#### DATASET RECORDS
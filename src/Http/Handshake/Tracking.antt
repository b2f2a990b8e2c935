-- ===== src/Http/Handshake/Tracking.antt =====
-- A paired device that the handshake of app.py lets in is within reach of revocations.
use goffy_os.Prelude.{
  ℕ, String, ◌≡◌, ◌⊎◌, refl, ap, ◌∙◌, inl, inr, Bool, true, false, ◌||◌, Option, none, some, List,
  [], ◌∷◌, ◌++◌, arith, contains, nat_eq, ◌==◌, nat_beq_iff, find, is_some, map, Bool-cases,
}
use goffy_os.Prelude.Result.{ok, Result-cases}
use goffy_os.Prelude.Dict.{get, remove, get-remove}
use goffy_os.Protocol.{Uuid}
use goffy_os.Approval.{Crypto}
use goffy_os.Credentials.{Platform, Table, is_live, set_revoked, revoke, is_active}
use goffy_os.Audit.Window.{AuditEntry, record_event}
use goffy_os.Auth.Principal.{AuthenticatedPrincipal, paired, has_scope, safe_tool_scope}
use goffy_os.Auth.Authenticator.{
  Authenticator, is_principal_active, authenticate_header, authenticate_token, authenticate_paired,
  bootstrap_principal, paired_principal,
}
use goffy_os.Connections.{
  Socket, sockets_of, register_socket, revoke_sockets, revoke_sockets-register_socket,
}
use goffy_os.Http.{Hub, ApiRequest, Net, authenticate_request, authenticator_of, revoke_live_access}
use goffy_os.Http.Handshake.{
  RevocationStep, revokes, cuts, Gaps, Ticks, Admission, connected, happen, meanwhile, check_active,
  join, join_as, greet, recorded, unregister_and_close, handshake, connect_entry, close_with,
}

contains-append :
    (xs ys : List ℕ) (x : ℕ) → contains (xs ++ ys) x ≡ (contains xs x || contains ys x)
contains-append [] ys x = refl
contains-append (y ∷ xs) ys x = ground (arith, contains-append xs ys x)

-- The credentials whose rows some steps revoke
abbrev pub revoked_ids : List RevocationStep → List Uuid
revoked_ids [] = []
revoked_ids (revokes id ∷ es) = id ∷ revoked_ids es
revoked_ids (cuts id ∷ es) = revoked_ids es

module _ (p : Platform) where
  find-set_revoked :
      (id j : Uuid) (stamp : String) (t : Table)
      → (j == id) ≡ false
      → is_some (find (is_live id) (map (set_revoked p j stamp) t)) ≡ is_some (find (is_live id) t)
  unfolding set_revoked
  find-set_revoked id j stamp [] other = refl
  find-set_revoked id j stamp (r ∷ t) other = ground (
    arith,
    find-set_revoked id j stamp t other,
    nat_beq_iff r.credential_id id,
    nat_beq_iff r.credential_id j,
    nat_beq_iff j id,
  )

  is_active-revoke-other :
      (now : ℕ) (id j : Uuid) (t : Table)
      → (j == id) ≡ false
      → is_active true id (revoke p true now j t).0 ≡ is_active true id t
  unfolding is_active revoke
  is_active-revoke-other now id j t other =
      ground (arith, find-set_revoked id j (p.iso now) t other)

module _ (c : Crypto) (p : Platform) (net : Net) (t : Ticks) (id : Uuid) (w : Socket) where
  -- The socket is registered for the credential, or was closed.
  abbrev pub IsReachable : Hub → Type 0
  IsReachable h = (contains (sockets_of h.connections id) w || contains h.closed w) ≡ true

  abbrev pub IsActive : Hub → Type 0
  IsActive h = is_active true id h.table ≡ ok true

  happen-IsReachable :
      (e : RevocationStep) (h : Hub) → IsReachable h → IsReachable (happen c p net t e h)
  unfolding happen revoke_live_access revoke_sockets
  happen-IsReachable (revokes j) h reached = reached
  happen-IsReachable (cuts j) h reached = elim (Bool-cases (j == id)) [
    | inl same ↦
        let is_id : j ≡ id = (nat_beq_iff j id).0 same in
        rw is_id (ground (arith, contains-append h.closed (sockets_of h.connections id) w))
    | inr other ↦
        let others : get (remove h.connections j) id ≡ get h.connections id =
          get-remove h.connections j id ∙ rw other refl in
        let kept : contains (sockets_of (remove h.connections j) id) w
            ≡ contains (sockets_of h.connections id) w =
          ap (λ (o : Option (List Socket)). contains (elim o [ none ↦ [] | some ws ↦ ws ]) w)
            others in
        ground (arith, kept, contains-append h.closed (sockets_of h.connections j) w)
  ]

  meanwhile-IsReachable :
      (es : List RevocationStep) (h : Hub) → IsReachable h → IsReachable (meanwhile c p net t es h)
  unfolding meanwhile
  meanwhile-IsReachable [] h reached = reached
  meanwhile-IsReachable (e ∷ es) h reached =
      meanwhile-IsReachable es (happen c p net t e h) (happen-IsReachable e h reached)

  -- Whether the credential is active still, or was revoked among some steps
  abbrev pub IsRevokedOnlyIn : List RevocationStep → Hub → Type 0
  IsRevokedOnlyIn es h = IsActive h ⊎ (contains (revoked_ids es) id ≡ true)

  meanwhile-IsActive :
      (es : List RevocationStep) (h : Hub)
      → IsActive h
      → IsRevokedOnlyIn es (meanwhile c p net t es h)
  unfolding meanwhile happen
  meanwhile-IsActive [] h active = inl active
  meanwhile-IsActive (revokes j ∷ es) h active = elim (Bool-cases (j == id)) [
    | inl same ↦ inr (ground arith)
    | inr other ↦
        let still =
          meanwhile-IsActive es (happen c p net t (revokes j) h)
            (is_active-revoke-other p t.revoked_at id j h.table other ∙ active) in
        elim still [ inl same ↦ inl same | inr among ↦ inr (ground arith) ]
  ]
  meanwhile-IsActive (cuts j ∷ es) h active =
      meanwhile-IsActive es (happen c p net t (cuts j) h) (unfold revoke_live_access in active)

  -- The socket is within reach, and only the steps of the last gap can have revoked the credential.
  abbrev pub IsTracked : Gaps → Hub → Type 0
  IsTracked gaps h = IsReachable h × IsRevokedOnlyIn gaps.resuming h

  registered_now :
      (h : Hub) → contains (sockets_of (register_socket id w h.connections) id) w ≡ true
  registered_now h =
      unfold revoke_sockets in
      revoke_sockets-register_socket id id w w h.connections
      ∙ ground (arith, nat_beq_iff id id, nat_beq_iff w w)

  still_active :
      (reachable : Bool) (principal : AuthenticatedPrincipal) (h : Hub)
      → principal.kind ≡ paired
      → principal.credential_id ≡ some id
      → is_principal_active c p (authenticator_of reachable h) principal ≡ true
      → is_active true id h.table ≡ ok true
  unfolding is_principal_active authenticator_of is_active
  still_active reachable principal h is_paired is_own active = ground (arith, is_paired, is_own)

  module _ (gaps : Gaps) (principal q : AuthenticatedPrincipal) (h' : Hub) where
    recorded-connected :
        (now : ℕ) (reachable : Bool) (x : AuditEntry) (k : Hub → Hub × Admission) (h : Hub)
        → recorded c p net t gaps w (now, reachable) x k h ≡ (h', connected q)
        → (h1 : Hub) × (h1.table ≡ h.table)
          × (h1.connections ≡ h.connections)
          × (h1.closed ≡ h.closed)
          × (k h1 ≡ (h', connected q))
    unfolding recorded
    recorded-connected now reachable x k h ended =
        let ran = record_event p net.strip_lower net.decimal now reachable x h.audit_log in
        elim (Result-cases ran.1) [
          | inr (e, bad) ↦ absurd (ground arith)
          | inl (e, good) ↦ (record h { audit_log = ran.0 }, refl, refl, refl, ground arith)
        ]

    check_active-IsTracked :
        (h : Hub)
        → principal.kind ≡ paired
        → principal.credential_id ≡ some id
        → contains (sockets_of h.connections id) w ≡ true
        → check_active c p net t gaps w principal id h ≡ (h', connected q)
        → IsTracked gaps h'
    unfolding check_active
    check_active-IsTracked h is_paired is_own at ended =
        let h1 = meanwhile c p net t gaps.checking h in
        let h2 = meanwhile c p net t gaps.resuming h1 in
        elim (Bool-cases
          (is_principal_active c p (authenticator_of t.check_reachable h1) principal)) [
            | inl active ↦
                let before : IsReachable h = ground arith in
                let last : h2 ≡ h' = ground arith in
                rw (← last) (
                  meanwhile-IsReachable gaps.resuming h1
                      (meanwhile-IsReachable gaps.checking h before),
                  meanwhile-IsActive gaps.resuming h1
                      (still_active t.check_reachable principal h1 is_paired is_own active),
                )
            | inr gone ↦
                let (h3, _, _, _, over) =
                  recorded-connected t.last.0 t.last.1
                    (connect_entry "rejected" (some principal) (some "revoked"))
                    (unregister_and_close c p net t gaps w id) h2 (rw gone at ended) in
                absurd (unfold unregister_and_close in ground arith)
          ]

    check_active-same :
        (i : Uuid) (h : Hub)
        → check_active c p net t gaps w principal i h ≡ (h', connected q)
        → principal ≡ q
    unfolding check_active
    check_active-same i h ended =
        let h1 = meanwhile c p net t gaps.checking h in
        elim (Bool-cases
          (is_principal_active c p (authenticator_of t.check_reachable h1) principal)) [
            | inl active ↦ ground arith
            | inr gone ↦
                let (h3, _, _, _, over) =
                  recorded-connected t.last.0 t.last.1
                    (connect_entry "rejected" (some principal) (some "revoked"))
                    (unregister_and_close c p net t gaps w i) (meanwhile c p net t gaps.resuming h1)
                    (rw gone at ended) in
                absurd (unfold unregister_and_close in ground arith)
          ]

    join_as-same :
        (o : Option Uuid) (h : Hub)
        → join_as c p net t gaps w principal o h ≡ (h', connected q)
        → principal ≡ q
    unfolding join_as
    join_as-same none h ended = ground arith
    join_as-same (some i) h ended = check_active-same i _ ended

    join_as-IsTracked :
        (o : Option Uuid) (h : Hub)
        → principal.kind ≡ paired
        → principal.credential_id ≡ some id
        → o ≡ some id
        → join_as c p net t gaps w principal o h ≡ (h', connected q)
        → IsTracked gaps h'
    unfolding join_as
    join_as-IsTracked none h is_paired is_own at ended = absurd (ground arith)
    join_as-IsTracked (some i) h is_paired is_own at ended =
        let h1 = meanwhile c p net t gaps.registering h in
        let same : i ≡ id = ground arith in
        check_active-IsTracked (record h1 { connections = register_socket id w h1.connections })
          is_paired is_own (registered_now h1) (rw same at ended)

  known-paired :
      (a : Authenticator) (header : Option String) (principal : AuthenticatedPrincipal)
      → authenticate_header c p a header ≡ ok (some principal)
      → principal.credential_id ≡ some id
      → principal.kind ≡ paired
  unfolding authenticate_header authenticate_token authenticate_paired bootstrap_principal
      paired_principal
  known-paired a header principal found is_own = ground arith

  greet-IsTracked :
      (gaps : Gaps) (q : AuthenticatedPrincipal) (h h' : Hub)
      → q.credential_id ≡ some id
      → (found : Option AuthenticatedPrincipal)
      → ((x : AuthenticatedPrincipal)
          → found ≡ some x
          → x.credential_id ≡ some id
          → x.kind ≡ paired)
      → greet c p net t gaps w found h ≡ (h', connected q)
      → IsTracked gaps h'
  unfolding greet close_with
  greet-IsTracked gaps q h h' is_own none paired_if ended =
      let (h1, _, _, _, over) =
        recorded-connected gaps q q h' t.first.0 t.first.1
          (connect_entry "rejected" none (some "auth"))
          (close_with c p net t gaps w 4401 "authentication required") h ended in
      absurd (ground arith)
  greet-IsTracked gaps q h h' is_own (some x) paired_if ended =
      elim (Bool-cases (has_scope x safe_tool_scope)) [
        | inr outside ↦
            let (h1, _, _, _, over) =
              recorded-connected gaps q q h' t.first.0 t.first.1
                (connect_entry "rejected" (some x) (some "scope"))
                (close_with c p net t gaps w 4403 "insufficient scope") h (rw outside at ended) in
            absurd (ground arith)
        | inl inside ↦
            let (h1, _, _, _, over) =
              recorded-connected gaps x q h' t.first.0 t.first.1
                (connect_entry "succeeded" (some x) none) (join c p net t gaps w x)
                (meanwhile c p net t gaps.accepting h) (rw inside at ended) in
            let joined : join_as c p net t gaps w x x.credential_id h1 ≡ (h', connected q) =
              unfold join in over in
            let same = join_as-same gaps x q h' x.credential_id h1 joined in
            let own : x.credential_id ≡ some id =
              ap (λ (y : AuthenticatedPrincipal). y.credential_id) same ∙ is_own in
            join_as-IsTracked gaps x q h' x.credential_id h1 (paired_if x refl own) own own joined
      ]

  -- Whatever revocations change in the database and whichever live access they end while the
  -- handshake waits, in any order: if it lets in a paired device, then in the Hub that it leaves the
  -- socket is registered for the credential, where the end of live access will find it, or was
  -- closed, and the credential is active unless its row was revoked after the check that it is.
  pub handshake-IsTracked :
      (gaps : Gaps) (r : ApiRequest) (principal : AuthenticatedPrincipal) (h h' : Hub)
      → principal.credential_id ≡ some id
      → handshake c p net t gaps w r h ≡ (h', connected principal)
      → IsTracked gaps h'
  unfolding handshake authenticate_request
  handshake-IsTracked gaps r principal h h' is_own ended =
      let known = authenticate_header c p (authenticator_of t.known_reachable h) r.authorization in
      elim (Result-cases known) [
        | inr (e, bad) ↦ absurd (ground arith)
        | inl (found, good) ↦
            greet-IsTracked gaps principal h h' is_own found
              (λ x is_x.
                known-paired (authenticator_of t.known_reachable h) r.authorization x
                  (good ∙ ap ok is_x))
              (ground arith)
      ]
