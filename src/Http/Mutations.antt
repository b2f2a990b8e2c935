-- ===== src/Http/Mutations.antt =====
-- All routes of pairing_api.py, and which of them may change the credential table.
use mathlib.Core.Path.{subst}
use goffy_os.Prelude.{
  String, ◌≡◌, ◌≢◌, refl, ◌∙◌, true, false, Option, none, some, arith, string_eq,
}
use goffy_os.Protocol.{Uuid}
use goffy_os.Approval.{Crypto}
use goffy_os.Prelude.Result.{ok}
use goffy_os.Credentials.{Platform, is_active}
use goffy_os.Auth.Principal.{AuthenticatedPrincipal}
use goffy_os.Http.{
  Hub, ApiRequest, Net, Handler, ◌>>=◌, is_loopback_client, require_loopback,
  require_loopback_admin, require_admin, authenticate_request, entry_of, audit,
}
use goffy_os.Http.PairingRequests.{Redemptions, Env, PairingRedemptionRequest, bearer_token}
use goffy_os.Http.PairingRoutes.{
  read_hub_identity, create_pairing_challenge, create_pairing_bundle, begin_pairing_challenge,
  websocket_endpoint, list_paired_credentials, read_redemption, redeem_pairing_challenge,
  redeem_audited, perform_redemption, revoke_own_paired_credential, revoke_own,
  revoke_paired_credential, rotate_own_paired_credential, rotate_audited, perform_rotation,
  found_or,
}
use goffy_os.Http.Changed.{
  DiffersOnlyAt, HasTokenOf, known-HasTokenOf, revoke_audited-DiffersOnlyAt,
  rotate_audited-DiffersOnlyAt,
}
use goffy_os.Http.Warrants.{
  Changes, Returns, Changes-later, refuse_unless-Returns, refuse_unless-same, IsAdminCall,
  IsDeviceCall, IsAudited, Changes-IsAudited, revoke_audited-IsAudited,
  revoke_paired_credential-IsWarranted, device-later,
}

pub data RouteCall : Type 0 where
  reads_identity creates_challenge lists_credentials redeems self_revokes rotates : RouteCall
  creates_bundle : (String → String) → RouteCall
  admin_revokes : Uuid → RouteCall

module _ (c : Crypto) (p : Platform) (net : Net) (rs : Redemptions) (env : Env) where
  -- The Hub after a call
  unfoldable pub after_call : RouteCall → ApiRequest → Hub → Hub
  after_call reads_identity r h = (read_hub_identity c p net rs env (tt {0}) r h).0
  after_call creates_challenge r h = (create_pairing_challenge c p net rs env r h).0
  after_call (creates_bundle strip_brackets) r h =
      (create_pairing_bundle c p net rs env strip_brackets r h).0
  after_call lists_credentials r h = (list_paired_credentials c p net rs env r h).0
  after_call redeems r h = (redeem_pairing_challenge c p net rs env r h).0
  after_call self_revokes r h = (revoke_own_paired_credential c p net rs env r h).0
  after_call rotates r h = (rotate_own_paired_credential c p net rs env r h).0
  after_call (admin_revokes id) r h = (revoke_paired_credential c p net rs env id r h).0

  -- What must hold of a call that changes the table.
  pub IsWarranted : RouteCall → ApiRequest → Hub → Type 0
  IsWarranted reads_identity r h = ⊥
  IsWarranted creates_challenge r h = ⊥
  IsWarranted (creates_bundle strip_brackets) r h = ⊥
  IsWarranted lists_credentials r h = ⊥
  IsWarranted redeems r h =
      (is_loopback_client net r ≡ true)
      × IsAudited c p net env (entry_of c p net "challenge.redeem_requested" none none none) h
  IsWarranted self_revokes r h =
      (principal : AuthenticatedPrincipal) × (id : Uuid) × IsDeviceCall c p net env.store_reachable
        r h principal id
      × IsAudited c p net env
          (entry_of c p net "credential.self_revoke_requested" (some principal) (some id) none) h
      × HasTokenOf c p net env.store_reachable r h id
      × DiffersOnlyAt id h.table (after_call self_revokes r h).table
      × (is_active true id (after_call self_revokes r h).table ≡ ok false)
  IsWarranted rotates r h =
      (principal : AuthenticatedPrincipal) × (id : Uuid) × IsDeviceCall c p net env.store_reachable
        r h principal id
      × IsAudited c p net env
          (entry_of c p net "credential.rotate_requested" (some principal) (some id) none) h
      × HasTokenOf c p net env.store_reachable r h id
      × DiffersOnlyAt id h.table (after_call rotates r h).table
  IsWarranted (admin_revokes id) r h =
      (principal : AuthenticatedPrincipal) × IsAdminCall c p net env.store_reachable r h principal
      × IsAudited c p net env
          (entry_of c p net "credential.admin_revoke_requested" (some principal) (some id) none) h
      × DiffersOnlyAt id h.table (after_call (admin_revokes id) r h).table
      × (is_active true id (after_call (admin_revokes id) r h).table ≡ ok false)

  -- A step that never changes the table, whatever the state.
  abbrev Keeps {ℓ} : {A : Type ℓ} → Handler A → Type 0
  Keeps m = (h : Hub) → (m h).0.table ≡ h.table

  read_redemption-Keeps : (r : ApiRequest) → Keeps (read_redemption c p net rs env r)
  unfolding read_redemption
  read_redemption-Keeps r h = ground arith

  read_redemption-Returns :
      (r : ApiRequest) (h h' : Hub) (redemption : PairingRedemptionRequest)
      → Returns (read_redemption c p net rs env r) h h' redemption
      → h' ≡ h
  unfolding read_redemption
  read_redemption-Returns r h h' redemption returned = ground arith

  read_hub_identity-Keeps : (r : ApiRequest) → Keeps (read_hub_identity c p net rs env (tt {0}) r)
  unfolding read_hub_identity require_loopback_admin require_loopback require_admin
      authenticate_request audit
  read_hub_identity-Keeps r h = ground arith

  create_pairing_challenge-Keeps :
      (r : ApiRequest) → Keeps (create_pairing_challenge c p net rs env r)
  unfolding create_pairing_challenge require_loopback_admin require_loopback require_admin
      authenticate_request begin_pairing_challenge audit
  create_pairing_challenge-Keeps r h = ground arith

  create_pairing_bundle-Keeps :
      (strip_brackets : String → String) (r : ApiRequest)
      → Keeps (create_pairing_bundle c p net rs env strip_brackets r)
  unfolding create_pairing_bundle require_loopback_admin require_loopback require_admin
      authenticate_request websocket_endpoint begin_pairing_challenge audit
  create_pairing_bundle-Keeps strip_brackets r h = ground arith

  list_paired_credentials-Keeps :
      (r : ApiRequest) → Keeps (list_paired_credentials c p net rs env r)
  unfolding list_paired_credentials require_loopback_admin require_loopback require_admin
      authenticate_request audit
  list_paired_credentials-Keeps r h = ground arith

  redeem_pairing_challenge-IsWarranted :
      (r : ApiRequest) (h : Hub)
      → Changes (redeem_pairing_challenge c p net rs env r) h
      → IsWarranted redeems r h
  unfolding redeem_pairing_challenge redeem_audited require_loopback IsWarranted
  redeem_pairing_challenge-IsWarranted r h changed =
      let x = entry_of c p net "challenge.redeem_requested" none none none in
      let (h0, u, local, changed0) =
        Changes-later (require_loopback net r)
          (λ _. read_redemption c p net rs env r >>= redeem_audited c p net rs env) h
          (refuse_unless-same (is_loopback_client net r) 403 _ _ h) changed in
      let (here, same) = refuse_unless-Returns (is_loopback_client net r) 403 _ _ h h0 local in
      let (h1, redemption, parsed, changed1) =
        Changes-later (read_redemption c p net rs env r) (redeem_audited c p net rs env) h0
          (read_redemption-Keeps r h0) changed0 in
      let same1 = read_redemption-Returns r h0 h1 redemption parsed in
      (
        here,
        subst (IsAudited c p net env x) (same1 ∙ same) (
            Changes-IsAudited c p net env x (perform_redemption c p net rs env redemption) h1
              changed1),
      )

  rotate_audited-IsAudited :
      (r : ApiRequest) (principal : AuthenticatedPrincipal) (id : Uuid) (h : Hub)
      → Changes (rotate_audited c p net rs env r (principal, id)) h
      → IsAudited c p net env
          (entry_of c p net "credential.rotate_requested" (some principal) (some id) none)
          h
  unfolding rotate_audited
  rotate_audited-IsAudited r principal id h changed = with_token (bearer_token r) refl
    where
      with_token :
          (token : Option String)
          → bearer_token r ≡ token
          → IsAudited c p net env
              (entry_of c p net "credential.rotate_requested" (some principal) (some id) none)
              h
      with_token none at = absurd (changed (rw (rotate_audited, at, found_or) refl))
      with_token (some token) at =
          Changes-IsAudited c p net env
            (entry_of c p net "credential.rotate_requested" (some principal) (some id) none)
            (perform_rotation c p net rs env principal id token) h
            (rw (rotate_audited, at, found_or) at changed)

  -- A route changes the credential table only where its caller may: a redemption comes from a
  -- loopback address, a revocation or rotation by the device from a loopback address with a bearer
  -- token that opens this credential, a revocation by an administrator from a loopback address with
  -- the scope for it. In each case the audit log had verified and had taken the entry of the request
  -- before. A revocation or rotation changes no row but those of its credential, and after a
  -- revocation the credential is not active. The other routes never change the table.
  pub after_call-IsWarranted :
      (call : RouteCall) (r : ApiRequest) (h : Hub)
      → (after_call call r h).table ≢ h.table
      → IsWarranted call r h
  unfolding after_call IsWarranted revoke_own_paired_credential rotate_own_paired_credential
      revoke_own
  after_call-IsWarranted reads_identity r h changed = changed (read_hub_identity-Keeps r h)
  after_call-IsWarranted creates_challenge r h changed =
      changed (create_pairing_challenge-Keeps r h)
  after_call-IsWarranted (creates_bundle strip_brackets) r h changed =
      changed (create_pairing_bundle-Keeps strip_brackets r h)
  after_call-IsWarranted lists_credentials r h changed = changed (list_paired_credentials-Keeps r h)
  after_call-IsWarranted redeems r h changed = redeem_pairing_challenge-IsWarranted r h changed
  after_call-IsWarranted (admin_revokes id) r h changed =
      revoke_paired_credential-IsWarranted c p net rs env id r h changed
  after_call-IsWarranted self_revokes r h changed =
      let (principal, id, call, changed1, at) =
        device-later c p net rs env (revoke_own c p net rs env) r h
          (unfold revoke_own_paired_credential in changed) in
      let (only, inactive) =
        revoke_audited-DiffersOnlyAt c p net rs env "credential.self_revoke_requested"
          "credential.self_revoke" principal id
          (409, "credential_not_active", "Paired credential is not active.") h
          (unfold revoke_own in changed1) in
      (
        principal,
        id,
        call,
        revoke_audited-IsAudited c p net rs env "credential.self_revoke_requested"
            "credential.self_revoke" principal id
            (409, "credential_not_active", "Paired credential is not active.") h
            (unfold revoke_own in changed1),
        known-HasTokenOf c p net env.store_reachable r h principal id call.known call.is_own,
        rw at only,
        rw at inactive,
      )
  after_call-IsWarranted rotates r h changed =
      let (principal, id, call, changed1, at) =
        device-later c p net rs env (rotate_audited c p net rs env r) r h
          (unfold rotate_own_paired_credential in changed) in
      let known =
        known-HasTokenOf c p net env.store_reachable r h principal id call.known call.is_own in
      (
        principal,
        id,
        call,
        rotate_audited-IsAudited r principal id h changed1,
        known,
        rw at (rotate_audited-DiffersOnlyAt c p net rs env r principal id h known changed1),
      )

#### REQUIREMENT
Nothing but a number is expected here: the number of lines above that hold the word "Bool".

#### RESPONSE
9